DIRECTIONS FOR THIS TASK:
Copy each line in the data below that contains the word "IsToken".

INPUT:

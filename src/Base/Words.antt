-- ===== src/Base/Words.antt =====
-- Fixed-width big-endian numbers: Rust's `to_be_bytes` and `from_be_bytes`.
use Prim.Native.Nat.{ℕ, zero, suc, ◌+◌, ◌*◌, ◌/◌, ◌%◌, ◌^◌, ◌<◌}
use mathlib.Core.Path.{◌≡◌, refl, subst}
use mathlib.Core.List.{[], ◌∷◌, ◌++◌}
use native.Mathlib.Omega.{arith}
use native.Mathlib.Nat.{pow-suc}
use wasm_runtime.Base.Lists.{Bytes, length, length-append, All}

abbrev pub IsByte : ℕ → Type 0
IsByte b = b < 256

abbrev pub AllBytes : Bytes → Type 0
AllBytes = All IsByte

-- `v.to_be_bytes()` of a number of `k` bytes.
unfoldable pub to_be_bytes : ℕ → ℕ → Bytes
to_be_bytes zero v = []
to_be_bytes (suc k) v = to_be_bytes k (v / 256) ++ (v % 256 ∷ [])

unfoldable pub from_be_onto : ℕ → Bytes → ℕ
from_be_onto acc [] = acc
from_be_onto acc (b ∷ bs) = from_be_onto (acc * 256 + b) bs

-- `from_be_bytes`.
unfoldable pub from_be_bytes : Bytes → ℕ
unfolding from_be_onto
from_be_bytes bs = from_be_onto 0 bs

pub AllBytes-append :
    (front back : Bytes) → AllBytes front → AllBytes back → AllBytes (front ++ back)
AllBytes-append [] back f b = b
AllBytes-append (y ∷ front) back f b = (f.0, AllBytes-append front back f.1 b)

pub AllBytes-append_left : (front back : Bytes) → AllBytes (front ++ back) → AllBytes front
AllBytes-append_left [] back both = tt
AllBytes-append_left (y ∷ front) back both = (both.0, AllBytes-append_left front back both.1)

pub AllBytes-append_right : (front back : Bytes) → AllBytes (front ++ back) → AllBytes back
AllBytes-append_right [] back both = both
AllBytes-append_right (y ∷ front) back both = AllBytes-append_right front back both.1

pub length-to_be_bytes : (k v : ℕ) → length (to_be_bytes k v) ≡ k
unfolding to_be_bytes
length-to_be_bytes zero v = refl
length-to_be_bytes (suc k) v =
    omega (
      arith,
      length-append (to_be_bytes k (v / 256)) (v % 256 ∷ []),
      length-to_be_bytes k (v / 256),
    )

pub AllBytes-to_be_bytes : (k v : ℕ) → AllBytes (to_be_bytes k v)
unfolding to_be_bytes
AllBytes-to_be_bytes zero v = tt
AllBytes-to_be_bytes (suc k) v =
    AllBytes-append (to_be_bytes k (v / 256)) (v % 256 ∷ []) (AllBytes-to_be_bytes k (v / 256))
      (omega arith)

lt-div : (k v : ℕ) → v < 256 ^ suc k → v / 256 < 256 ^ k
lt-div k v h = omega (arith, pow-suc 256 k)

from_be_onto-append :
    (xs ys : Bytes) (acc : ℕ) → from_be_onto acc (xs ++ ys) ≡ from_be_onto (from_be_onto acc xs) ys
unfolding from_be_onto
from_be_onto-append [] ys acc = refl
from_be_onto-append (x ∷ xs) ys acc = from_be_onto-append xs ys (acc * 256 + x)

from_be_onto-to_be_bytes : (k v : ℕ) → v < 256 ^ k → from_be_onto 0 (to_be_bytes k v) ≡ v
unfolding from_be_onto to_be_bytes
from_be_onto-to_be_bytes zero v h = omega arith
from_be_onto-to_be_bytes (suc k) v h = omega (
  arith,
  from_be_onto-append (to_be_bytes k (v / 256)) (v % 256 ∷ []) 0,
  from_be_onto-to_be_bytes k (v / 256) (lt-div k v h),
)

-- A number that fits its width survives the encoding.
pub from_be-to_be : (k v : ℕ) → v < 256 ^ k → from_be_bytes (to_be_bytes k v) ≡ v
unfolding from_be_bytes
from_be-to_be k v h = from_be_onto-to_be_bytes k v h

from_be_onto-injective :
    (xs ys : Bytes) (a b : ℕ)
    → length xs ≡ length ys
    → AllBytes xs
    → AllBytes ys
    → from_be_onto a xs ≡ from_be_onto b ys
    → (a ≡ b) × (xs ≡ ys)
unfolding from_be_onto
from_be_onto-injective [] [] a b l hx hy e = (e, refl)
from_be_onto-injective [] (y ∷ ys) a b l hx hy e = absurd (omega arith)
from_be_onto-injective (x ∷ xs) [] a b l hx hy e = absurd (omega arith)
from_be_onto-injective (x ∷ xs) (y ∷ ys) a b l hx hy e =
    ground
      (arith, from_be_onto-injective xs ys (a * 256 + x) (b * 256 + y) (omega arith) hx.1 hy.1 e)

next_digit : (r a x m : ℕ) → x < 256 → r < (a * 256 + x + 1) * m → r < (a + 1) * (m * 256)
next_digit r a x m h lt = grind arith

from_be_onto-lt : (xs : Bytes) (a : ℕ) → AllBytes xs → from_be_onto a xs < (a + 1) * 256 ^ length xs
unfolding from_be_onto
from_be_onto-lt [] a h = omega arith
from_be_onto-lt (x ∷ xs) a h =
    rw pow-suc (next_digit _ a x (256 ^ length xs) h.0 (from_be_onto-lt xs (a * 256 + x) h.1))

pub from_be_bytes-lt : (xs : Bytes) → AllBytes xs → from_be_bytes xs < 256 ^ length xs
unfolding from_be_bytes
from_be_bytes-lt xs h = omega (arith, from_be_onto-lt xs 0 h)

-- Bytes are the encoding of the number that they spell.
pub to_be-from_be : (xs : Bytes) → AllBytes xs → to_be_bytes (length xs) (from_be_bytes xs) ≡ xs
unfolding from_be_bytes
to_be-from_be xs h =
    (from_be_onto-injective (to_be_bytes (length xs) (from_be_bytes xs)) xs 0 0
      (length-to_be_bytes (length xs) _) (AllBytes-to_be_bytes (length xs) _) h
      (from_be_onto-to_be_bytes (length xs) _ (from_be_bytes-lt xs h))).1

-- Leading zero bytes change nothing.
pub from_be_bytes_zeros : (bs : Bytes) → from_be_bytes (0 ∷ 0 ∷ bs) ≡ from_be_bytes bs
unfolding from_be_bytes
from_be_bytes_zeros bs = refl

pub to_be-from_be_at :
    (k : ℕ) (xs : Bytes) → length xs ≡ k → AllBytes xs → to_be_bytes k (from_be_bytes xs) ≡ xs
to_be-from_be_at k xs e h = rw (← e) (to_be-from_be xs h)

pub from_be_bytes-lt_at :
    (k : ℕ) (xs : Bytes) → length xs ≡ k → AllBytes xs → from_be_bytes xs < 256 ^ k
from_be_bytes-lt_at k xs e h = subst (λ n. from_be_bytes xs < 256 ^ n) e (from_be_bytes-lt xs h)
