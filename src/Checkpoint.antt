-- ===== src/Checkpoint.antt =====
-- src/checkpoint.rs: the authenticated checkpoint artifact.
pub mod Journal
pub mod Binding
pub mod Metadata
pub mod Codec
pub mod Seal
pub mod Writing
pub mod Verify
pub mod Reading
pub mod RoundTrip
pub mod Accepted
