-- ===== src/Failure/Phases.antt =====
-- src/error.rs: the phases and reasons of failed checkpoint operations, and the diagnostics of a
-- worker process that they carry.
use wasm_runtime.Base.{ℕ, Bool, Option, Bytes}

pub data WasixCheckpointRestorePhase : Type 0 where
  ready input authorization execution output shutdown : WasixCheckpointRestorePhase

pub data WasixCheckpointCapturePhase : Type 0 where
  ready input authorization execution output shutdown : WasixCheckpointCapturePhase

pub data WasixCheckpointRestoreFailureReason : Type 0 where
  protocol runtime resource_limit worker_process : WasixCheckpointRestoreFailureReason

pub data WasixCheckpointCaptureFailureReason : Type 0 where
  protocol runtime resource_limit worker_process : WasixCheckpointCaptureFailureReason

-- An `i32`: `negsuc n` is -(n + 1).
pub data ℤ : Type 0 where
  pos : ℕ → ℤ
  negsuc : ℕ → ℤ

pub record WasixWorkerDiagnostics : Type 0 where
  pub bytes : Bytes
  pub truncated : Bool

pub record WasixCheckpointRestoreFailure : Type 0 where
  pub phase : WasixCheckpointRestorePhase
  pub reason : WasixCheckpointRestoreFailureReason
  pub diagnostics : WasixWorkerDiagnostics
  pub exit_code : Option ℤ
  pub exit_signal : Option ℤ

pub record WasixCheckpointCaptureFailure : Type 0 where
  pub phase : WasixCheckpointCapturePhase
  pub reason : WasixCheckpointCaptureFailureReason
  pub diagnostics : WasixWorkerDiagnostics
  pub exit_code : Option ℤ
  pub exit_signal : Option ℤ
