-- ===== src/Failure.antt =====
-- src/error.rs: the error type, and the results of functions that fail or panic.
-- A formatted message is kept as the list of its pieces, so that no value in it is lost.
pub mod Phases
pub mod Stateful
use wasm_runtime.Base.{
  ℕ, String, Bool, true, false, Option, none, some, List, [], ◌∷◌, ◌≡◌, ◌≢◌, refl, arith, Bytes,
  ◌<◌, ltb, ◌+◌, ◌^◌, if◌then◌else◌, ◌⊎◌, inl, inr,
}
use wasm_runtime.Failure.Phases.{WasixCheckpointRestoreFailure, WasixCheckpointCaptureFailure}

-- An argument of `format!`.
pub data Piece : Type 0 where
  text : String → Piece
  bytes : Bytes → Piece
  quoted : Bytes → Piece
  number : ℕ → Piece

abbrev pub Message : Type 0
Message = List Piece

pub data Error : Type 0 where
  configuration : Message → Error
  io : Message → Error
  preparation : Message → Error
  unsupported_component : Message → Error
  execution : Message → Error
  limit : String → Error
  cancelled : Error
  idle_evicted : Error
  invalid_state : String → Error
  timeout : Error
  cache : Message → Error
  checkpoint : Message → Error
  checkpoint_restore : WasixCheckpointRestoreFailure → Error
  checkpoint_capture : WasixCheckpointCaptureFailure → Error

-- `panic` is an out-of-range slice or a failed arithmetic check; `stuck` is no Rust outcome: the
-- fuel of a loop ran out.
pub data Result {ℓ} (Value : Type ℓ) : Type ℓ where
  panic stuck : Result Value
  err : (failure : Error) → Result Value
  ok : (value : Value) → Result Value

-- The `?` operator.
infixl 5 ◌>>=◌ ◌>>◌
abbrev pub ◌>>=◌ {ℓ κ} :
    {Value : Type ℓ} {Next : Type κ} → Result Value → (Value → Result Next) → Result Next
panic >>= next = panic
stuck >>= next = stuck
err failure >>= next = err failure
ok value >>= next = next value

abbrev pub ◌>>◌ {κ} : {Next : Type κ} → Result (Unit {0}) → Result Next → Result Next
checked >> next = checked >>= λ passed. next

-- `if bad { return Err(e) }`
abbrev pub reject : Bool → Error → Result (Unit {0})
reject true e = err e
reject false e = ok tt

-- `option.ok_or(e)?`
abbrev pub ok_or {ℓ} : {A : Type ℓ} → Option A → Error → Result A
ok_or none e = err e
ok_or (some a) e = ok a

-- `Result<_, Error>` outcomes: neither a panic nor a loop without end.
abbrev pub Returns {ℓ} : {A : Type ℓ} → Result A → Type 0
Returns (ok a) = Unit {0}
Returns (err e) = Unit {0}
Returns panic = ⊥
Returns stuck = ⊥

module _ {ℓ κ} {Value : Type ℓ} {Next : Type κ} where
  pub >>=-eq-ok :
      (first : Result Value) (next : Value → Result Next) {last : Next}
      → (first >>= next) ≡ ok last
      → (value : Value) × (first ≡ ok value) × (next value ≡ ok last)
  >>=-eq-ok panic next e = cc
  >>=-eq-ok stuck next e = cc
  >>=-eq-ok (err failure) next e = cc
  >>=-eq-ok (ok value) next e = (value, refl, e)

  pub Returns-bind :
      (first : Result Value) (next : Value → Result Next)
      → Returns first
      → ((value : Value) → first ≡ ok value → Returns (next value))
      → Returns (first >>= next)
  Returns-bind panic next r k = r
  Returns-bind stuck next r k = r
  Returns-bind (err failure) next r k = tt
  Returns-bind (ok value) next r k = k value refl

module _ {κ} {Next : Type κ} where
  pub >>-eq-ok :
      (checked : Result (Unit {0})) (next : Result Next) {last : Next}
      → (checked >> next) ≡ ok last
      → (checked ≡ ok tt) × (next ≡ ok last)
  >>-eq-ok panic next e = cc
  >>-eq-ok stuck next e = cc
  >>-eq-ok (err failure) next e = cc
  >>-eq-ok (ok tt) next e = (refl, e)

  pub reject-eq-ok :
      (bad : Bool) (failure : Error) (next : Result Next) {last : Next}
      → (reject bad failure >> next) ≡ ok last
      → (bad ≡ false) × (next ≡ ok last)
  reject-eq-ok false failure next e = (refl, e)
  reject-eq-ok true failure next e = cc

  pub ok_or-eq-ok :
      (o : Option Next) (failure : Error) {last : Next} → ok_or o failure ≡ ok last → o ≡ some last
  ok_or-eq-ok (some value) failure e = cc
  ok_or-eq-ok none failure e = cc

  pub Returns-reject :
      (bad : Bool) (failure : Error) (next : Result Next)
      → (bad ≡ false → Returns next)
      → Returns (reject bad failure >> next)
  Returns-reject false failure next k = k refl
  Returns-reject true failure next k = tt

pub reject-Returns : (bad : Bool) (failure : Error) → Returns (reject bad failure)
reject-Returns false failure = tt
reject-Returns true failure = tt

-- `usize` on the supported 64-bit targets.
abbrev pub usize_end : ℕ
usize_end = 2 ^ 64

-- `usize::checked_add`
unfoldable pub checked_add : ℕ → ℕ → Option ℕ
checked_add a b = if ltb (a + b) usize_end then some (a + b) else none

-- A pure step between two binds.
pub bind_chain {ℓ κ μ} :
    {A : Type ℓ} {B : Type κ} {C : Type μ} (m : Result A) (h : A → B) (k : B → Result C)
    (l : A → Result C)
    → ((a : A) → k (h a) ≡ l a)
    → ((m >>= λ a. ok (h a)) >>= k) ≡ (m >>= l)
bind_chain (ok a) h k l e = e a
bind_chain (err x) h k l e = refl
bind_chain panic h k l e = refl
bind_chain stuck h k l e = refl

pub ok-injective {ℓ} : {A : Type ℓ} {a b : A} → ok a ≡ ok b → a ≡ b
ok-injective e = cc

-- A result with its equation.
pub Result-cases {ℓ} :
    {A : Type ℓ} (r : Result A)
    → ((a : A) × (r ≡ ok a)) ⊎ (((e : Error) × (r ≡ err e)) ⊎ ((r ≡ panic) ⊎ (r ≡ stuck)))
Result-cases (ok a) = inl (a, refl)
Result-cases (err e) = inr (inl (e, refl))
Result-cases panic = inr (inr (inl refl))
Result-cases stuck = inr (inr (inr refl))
==
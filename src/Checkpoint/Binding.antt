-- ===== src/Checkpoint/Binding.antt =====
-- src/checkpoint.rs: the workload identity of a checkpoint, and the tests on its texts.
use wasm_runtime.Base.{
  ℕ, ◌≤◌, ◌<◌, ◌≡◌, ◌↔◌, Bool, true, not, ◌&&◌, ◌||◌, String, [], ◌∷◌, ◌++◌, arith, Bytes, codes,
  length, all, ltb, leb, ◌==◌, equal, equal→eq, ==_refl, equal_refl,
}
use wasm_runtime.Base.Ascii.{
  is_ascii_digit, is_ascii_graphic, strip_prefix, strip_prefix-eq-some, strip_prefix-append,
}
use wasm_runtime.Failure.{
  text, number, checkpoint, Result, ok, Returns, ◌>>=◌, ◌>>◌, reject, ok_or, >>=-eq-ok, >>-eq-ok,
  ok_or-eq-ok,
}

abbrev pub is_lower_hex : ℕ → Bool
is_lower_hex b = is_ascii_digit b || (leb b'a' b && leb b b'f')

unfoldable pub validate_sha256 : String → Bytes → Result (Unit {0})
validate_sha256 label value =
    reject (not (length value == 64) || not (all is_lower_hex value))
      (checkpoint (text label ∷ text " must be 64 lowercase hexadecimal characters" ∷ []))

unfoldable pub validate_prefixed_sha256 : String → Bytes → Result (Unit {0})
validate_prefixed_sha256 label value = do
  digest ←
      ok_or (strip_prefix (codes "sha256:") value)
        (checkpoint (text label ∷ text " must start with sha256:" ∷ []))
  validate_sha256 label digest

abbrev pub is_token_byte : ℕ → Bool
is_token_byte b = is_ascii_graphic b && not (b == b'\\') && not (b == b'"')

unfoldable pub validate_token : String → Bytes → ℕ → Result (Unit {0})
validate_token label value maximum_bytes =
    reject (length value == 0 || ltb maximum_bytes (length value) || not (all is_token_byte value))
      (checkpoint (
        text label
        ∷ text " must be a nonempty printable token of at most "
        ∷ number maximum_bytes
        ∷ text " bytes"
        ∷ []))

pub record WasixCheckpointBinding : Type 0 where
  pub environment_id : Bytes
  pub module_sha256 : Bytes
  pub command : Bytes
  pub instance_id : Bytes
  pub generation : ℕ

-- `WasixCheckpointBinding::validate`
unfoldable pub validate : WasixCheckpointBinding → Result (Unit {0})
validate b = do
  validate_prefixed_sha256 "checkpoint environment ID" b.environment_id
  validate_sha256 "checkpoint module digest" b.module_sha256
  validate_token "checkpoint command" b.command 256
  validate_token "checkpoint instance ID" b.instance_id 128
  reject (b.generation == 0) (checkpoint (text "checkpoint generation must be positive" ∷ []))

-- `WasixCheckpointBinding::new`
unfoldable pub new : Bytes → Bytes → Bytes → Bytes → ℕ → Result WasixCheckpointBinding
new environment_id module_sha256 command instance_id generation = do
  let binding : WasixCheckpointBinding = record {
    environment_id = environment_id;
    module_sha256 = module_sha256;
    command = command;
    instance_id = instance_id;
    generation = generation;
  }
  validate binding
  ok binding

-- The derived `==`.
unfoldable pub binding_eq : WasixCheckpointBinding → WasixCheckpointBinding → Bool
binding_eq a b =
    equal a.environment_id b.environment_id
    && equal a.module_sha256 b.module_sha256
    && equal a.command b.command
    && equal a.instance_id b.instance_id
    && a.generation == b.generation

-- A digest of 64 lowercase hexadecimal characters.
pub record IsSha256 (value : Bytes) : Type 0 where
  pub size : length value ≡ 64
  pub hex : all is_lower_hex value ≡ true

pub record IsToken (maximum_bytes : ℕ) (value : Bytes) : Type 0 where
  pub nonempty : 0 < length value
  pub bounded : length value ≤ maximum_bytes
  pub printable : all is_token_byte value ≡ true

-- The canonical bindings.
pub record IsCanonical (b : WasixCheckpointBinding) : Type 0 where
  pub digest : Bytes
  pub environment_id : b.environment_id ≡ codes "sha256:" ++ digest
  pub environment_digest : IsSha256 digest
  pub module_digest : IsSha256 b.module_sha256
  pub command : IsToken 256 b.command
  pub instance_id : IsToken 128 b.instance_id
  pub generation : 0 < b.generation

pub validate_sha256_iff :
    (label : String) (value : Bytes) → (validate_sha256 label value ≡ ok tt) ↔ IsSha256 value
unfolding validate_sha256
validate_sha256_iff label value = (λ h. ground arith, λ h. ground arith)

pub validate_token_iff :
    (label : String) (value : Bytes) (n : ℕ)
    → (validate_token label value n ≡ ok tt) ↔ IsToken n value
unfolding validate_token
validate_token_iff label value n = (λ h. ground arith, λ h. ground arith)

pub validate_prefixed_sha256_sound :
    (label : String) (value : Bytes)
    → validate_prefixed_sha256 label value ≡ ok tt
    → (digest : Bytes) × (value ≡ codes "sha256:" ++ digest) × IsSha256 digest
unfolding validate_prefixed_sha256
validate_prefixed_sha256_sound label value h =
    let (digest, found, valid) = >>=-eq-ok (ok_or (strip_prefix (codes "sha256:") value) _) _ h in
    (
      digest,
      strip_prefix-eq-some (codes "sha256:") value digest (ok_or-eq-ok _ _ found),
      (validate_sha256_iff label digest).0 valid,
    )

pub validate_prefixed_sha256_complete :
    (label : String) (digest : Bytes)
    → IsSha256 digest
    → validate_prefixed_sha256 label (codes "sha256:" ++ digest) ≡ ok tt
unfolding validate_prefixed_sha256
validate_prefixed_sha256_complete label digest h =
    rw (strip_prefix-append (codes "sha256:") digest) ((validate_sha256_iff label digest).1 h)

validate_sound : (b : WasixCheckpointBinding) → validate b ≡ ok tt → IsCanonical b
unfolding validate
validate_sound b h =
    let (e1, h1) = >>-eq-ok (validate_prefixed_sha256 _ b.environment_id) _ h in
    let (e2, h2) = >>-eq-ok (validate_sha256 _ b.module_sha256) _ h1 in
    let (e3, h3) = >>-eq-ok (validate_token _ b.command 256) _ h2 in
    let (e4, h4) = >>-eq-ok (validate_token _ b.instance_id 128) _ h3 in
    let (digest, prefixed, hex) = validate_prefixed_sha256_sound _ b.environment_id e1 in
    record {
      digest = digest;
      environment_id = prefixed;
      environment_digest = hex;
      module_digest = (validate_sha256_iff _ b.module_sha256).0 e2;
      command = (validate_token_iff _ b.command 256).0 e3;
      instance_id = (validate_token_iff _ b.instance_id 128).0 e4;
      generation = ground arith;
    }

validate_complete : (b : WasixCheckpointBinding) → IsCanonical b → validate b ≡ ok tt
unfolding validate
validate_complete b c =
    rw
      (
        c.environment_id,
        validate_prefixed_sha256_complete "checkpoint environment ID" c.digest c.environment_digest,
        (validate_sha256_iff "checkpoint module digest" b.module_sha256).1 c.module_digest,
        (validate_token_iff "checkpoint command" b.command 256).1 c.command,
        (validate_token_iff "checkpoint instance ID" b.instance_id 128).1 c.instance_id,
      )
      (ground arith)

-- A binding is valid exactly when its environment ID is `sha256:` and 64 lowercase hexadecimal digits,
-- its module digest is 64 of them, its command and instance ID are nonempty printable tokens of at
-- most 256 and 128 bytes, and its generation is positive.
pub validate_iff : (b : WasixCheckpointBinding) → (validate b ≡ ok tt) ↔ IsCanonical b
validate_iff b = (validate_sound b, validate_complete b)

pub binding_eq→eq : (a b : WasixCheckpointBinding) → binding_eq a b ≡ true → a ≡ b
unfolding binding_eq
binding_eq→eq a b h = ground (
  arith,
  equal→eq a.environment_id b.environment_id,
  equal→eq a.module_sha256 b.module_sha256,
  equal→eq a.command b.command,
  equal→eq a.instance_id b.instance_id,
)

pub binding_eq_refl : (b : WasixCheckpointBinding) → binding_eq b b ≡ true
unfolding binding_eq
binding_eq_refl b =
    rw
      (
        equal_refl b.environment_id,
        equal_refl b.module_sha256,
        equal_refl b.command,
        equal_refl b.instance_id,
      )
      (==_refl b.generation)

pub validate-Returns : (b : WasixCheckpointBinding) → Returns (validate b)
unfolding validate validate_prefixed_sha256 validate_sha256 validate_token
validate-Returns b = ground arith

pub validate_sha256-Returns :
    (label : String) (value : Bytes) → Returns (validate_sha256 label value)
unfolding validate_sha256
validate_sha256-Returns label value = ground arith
---
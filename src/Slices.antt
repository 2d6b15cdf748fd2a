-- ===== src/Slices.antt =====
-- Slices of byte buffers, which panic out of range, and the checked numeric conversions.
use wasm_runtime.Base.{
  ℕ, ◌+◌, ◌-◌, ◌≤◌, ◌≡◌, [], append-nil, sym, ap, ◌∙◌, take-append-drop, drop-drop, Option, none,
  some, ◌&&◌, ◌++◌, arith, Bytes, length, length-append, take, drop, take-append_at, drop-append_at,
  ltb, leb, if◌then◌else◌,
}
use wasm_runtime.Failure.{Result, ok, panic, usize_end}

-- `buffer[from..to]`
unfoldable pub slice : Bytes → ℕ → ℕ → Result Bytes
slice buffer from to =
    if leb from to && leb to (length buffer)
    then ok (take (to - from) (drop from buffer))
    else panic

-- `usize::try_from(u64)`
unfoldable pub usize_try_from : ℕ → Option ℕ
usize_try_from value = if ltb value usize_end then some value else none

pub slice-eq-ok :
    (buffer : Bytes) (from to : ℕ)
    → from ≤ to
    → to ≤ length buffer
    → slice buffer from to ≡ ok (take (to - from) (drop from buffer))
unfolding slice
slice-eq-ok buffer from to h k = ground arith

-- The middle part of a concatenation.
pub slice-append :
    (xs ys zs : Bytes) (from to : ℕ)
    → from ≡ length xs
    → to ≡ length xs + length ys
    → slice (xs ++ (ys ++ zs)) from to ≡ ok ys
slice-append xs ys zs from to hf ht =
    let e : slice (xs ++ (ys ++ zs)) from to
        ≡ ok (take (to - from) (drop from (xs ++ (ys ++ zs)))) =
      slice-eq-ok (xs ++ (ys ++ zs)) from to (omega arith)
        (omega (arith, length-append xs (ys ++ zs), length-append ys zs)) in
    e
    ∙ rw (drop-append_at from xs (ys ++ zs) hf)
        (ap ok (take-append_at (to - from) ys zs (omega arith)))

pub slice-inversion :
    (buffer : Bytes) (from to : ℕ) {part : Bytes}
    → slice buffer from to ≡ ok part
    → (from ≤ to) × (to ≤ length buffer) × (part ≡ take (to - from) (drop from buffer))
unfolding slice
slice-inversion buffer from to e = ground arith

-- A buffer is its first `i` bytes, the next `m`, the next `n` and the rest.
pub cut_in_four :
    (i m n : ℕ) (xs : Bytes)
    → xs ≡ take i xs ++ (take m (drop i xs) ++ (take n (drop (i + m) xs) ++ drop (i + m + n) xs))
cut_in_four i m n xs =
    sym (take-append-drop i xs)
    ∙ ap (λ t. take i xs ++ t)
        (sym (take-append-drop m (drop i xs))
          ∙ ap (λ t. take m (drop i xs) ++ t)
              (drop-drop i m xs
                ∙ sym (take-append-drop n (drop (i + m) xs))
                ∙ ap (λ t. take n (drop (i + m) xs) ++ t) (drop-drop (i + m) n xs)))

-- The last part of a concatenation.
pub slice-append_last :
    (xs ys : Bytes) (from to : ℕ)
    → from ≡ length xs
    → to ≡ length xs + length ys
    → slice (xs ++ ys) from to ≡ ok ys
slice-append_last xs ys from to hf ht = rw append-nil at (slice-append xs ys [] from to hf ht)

TASK OUTPUT:
pub record IsToken (maximum_bytes : ℕ) (value : Bytes) : Type 0 where
  pub command : IsToken 256 b.command
  pub instance_id : IsToken 128 b.instance_id
    → (validate_token label value n ≡ ok tt) ↔ IsToken n value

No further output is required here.